In any event, plaintiffs raised triable issues of fact as to whether a handrail was required on the ramp, and, if so, whether the absence of a handrail was a proximate cause of the injured plaintiff's injuries (see Vosper v Fives 160th, LLC, 110 AD3d 544, 545 [1st Dept 2013]; see generally Turturro v City of New York, 28 NY3d 469, 484 [2016] ["There may be more than one proximate cause of an injury"] [internal brackets omitted]).[FN4] Notably, the evidence in the motion [*4]record establishes that the ramp never had a handrail, rendering academic any question regarding the timing of plaintiffs' expert's inspection. Thus, if a handrail was required — and plaintiffs' expert opines that it was — defendant may have failed to maintain the ramp in a reasonably safe condition.

Accordingly, it is hereby ORDERED that the aspect of defendant's motion seeking summary judgment dismissing plaintiffs' claim that defendant failed to remedy a snow and ice condition (or created or exacerbated one through snow-removal efforts) is granted and that claim is dismissed; and it is further,

ORDERED that defendant's motion is otherwise denied.

This constitutes the decision and order of the court.



Dated: September 5, 2018

Bronx, NY

Hon. John R. Higgitt

Acting Supreme Court Justice Footnotes

Footnote 1: By an order (Johnson, J.), dated September 4, 2018, the motion was referred to part 14.

Footnote 2: At her deposition, the plaintiff wife testified that she was alerted by some of her neighbors that her husband, the injured plaintiff, had an accident in the entranceway, and she went from the couple's apartment to the entranceway to assist him. Also, she testified that it was neither snowing nor raining when she arrived at the entranceway. This testimony does not demonstrate the existence of a triable issue of fact as to the applicability of the storm-in-progress doctrine. "The obligation to take reasonable measures to remedy a dangerous condition caused by a storm does not commence until a reasonable time after the storm has ended. Based on [the injured plaintiff's] testimony alone, a reasonable time had not yet elapsed" (Clement v New York City Transit Auth., 122 AD3d 448, 449 [1st Dept 2014]).

Footnote 3:Plaintiffs' argument that a triable issue of fact exists regarding whether defendant undertook remedial efforts that created or exacerbated a hazardous snow or ice condition that proximately caused the injured plaintiff's injuries is without merit. The evidence on which plaintiffs rely in this connection — the deposition testimony and affidavit of defendant's field manager — does not demonstrate that defendant's employee did in fact undertake remedial efforts on the morning of the injured plaintiff's accident.
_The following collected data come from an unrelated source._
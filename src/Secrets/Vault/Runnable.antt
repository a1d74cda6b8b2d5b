-- ===== src/Secrets/Vault/Runnable.antt =====
-- What a request may ask to be started, read off the rules of the tool.
use codex_hosts.Prelude.{
  ℕ, ◌+◌, ◌≤◌, ◌≡◌, ◌≢◌, refl, ap, inl, inr, ◌⊎◌, Bool, true, false, ◌&&◌, ◌||◌, List, [], ◌∷◌, ltb,
  leb, ◌==◌, Text, is_empty, length, any, all, arith, Bool-cases, All, text_eq_iff, ◌*◌, All-weaken,
  Apart,
}
use codex_hosts.Text.{byte_len}
use codex_hosts.Model.Validation.{contains_text}
use codex_hosts.Secrets.Vault.{
  Execution, env_name_ok, env_names_ok, to_ascii_uppercase, bad_execution, bad_arg, sum_len,
  is_letter, is_digit,
}

abbrev pub total : List Text → ℕ
total [] = 0
total (a ∷ args) = byte_len a + total args

-- What the process of a request may be, read off the rules of the tool: an absolute program and
-- directory; at most 128 arguments, each of at most 8 KiB and without NUL, 32 KiB together; between
-- 1 ms and 10 minutes; and between one and as many variables as there may be fields.
pub record IsRunnable (is_absolute : Text → Bool) (e : Execution) : Type 0 where
  pub program : is_absolute e.program ≡ true
  pub directory : is_absolute e.cwd ≡ true
  pub args : length e.args ≤ 128
  pub each_arg : All (λ a. (byte_len a ≤ 8192) × All (λ c. c ≢ 0) a) e.args
  pub all_args : total e.args ≤ 32768
  pub time : (1 ≤ e.timeout_ms) × (e.timeout_ms ≤ 600000)
  pub variables : (1 ≤ length e.env) × (length e.env ≤ 64)

-- a name of a variable: at most 256 bytes, a letter or _ first, letters, digits and _ behind
abbrev pub IsLetter : ℕ → Type 0
IsLetter c = (c ≡ 95) ⊎ (((97 ≤ c) × (c ≤ 122)) ⊎ ((65 ≤ c) × (c ≤ 90)))

abbrev pub IsVariable : Text → Type 0
IsVariable [] = ⊥
IsVariable (c ∷ name) =
    (byte_len (c ∷ name) ≤ 256) × IsLetter c × All (λ d. IsLetter d ⊎ ((48 ≤ d) × (d ≤ 57))) name

-- not the same but for the case of letters
abbrev pub DifferInCapitals : Text × Text → Text × Text → Type 0
DifferInCapitals x y = to_ascii_uppercase x.0 ≢ to_ascii_uppercase y.0

total-sum_len : (args : List Text) → total args ≡ sum_len args
total-sum_len [] = refl
total-sum_len (a ∷ args) = ap (λ n. byte_len a + n) (total-sum_len args)

no_nul : (a : Text) → any (λ c. c == 0) a ≡ false → All (λ c. c ≢ 0) a
no_nul [] h = tt
no_nul (c ∷ a) h = ((λ e. ground arith), no_nul a (ground arith))

fine_args :
    (args : List Text)
    → any bad_arg args ≡ false
    → All (λ a. (byte_len a ≤ 8192) × All (λ c. c ≢ 0) a) args
fine_args [] h = tt
fine_args (a ∷ args) h = ((ground arith, no_nul a (ground arith)), fine_args args (ground arith))

env_length : (n : ℕ) (env : List (Text × Text)) → is_empty env ≡ false → 1 ≤ length env
env_length n [] h = cc
env_length n (x ∷ env) h = omega arith

pub bad_execution-IsRunnable :
    (is_absolute : Text → Bool) (e : Execution)
    → bad_execution is_absolute e ≡ false
    → IsRunnable is_absolute e
unfolding bad_execution
bad_execution-IsRunnable is_absolute e h = record {
  program = ground arith;
  directory = ground arith;
  args = ground arith;
  each_arg = fine_args e.args (ground arith);
  all_args =
      let f : ltb (32 * 1024) (sum_len e.args) ≡ false = ground arith in
      ground (arith, total-sum_len e.args);
  time = (ground arith, ground arith);
  variables = (env_length 0 e.env (ground arith), ground arith);
}

alphabetic : (c : ℕ) → is_letter c ≡ true → IsLetter c
alphabetic c h = elim (Bool-cases (c == b'_')) [
  | inl e ↦ inl (ground arith)
  | inr e ↦ elim (Bool-cases (leb b'a' c && leb c b'z')) [
    | inl f ↦ inr (inl (ground arith, ground arith))
    | inr f ↦ inr (inr (ground arith, ground arith))
  ]
]

alphanumeric : (c : ℕ) → (is_letter c || is_digit c) ≡ true → IsLetter c ⊎ ((48 ≤ c) × (c ≤ 57))
alphanumeric c h = elim (Bool-cases (is_letter c)) [
  | inl e ↦ inl (alphabetic c e)
  | inr e ↦ let d : is_digit c ≡ true = ground arith in inr (ground arith, ground arith)
]

alphanumerics :
    (s : Text)
    → all (λ d. is_letter d || is_digit d) s ≡ true
    → All (λ d. IsLetter d ⊎ ((48 ≤ d) × (d ≤ 57))) s
alphanumerics [] h = tt
alphanumerics (c ∷ s) h =
    let first : (is_letter c || is_digit c) ≡ true = ground arith in
    let rest : all (λ d. is_letter d || is_digit d) s ≡ true = ground arith in
    (alphanumeric c first, alphanumerics s rest)

env_name_ok-IsVariable : (name : Text) → env_name_ok name ≡ true → IsVariable name
unfolding env_name_ok
env_name_ok-IsVariable [] h = cc
env_name_ok-IsVariable (c ∷ name) h =
    let l : is_letter c ≡ true = ground arith in
    let k : all (λ d. is_letter d || is_digit d) name ≡ true = ground arith in
    (ground arith, alphabetic c l, alphanumerics name k)

pub env_names_ok-Apart :
    (seen : List Text) (env : List (Text × Text))
    → env_names_ok seen env ≡ true
    → All (λ x. contains_text seen (to_ascii_uppercase x.0) ≡ false) env
      × All (λ x. IsVariable x.0) env
      × Apart DifferInCapitals env
unfolding env_names_ok
env_names_ok-Apart seen [] h = (tt, tt, tt)
env_names_ok-Apart seen (e ∷ env) h =
    let name = to_ascii_uppercase e.0 in
    let good : env_name_ok e.0 ≡ true = ground arith in
    let new : contains_text seen name ≡ false = ground arith in
    let more : env_names_ok (name ∷ seen) env ≡ true = ground arith in
    let (fresh, variables, apart) = env_names_ok-Apart (name ∷ seen) env more in
    (
      (
        new,
        All-weaken (λ x. contains_text (name ∷ seen) (to_ascii_uppercase x.0) ≡ false)
            (λ x. contains_text seen (to_ascii_uppercase x.0) ≡ false) env (λ x k. ground arith)
            fresh,
      ),
      (env_name_ok-IsVariable e.0 good, variables),
      (
        All-weaken (λ x. contains_text (name ∷ seen) (to_ascii_uppercase x.0) ≡ false)
            (DifferInCapitals e) env
            (λ x k same.
              let yes = (text_eq_iff name (to_ascii_uppercase x.0)).1 same in ground arith)
            fresh,
        apart,
      ),
    )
And no evidence suggests that any remedial efforts on defendant's employee's part caused or exacerbated a hazardous snow or ice condition (see Filius v New York City Housing Auth., 156 AD3d 434 [1st Dept 2017]).

Footnote 4: Because defendant failed to make a prima facie showing of entitlement to judgment as a matter of law dismissing plaintiffs' claim that the ramp presented a hazardous condition, and, in any event, plaintiffs raised triable issues of fact on their lack-of-handrail theory, the court need not and does not consider whether the remaining theories espoused by plaintiffs' expert are sufficient to raise a triable issue of fact.